Among the preparations leading up to Xi’s visit, the thorniest subject has proved to be hacking – not cyber espionage, which many countries, including the United States, use to gather intelligence about other governments, but hacking of corporate secrets and intellectual property. For years, the Obama Administration and American businesses declined to discuss the breadth of attacks traced to China, in the hope of quietly solving the problem and preserving relations. The business community has lost patience. In the past year, the F.B.I. has reported a 53% rise in the number of Chinese cyber attacks aimed at commercial espionage. Earlier this month, the White House threatened to put sanctions on Chinese companies and individuals. Obama said that cyber theft is an “act of aggression” that will be met with “countervailing actions” unless both sides can rapidly agree to rules of conduct.

$600bn Trade

Amid the anxieties, it is easy to overlook a powerful fact: trade between China and the U.S. has grown from $2 billion in 1979 to $592 billion last year, making the two nations more interdependent than ever before. When Henry Kissinger made his secret trip to Beijing, in 1971, with the aim of opening relations, the two countries were united, above all, by a common adversary. For the moment, it may be enough for them to accept that neither is powerful enough to survive alone.

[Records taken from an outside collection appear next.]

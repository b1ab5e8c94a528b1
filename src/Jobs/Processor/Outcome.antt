-- ===== src/Jobs/Processor/Outcome.antt =====
-- How app/jobs/processor.py ends a job: `_retry`, `_failed`, `_expired`, `_notify`, `_error_values`
-- and `_deliver_subscription`. Identifiers print in decimal.
use Prim.Native.String.{◌++◌}
use b24_sinedis.Prelude.{ℕ, pos, String, Option, none, some, List, [], ◌∷◌, if◌then◌else◌, leb}
use b24_sinedis.Prelude.Text.{show_nat}
use b24_sinedis.Value.{Value, str, int, bool, arr, obj, Fields, field, end, get, items}
use b24_sinedis.Settings.{Settings}
use b24_sinedis.Jobs.Model.{AutomationJob}
use b24_sinedis.Jobs.Repository.{
  mark_completed, mark_failed, mark_expired, schedule_retry, schedule_poll, save_processing_result,
}
use b24_sinedis.Jobs.Processor.Retry.{retry_at, retry_after_of, operating_reset}
use b24_sinedis.Runtime.{
  Result, ok, raised, Env, Action, ◌>>=◌, ◌>>◌, pure, lift, try_else, read_clock, draw, transact,
}
use b24_sinedis.Bitrix.Exceptions.{
  Failure, bitrix, rate_limit_error, temporary_error, oauth_temporary_error, invalid_response,
  transport_error, timeout_error, job_data_error, type_error,
}
use b24_sinedis.Bitrix.Client.Call.{BitrixResponse}
use b24_sinedis.Bitrix.OAuth.Portal.{call_portal}

abbrev pub done : {A : Type 0} → Action A → Action (Unit {0})
done m = do m; pure tt

-- if response.result is not True: raise JobDataError
abbrev pub confirmed : BitrixResponse → Result (Unit {0})
confirmed r = elim r.result [
  | bool b ↦ if b then ok tt else raised job_data_error
  | _ ↦ raised job_data_error
]

-- The parameters of `bizproc.event.send`.
abbrev pub event_params : String → Fields → String → Fields
event_params event_token return_values message =
    field "EVENT_TOKEN" (str event_token)
      (field "RETURN_VALUES" (obj return_values) (field "LOG_MESSAGE" (str message) end))

abbrev pub error_values : AutomationJob → String → String → Fields
error_values job code message = field "status" (str "error") (
    field "job_id" (str (show_nat job.id)) (
      field "result_text" (str "") (
        field "result_json" (str "null") (
          field "matches_count" (int (pos 0))
            (field "error_code" (str code) (field "error_message" (str message) end))))))

abbrev pub completion_message : AutomationJob → String
completion_message job = "Задание " ++ (show_nat job.id ++ " завершено.")

module _ (env : Env) where
  unfoldable pub failed : AutomationJob → String → Action (Unit {0})
  unfolding transact mark_failed
  failed job code = done (transact env (λ stamp. mark_failed stamp job.id code))

  unfoldable pub expired : AutomationJob → String → Action (Unit {0})
  unfolding transact mark_expired
  expired job code = done (transact env (λ stamp. mark_expired stamp job.id code))

  unfoldable pub complete : AutomationJob → ℕ → Fields → Action (Unit {0})
  unfolding transact mark_completed
  complete job completed_at values =
      done (transact env (λ stamp. mark_completed stamp job.id completed_at (obj values)))

  unfoldable pub save_result : AutomationJob → Fields → Fields → Action (Unit {0})
  unfolding transact save_processing_result
  save_result job payload values =
      done (transact env (λ stamp. save_processing_result stamp job.id (obj payload) (obj values)))

  unfoldable pub poll_again : AutomationJob → ℕ → Fields → Action (Unit {0})
  unfolding transact schedule_poll
  poll_again job run_at payload =
      done (transact env (λ stamp. schedule_poll stamp job.id run_at (obj payload)))

module _ (env : Env) (settings : Settings) where
  unfoldable pub retry_later : AutomationJob → String → Failure → Action (Unit {0})
  unfolding read_clock draw transact schedule_retry operating_reset retry_at
  retry_later job code error = do
    operating_reset_at ← lift (operating_reset env error)
    now ← read_clock env
    random_value ← draw env
    run_at ←
        lift (
          retry_at now job.attempts settings random_value (retry_after_of error) operating_reset_at)
    done (transact env (λ stamp. schedule_retry stamp job.id run_at code))

  unfoldable pub retry : AutomationJob → String → Failure → Action (Unit {0})
  unfolding failed retry_later
  retry job code error =
      if leb job.max_attempts job.attempts
      then failed env job (code ++ "_attempts_exhausted")
      else retry_later job code error

  -- payload.get("error_recipients", []); the intake stores a list
  abbrev pub recipients : Option Value → Result (List Value)
  recipients none = ok []
  recipients (some (arr vs)) = ok (items vs)
  recipients (some _) = raised type_error

  abbrev pub notice : Value → String → Fields
  notice user message =
      field "USER_ID" user (field "MESSAGE" (str message) (field "MESSAGE_OUT" (str message) end))

  -- The loop over the recipients: every exception is passed over.
  unfoldable pub notify_each : ℕ → List Value → String → Action (Unit {0})
  unfolding call_portal
  notify_each portal_id [] message = pure tt
  notify_each portal_id (user ∷ users) message =
      let rest = notify_each portal_id users message in
      try_else (call_portal env settings portal_id "im.notify.system.add" (notice user message))
        (λ _. rest) (λ _. rest)

  unfoldable pub notify : AutomationJob → Fields → String → Action (Unit {0})
  unfolding get notify_each
  notify job payload message = do
    users ← lift (recipients (get "error_recipients" payload))
    notify_each job.portal_id users message

  -- The exceptions of a delivery that are tried again; any other fails the job.
  abbrev pub on_delivery_failure : AutomationJob → Failure → Action (Unit {0})
  on_delivery_failure job (bitrix (rate_limit_error e)) =
      retry job "event_delivery_temporary_error" (bitrix (rate_limit_error e))
  on_delivery_failure job (bitrix (temporary_error e)) =
      retry job "event_delivery_temporary_error" (bitrix (temporary_error e))
  on_delivery_failure job (bitrix oauth_temporary_error) =
      retry job "event_delivery_temporary_error" (bitrix oauth_temporary_error)
  on_delivery_failure job (bitrix (invalid_response s)) =
      retry job "event_delivery_temporary_error" (bitrix (invalid_response s))
  on_delivery_failure job (bitrix transport_error) =
      retry job "event_delivery_temporary_error" (bitrix transport_error)
  on_delivery_failure job (bitrix timeout_error) =
      retry job "event_delivery_temporary_error" (bitrix timeout_error)
  on_delivery_failure job _ = failed env job "event_delivery_failed"

  -- The confirmed event.
  unfoldable pub send_event : AutomationJob → String → Fields → String → Action (Unit {0})
  unfolding call_portal
  send_event job event_token return_values message = do
    answer ←
        call_portal env settings job.portal_id "bizproc.event.send"
          (event_params event_token return_values message)
    lift (confirmed answer)

  unfoldable pub deliver_subscription : AutomationJob → String → Fields → Action (Unit {0})
  unfolding send_event retry failed read_clock complete show_nat
  deliver_subscription job event_token return_values =
      try_else (send_event job event_token return_values (completion_message job))
        (on_delivery_failure job) (λ _. do now ← read_clock env; complete env job now return_values)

Xi and his wife touched down in an Air China 747 at Paine Field, adjacent to the massive plant where Boeing Co makes its largest jets, some 25 miles (40 km) north of Seattle. They were welcomed by Washington state Governor Jay Inslee.

Yuan Pressure

China’s economy faces downward pressure but is still operating within a proper range, China says exchange rate reform will continue and there was no basis for sustained depreciation in the yuan.

China also feels that moves to make Yuan an international currency sparked off the Goldman Sachs attacks which forced the series of devaluation.

The United States will urge Xi to avoid “quick fixes” for its economy, such as devaluing its currency to boost exports, White House chief economist Jason Furman said.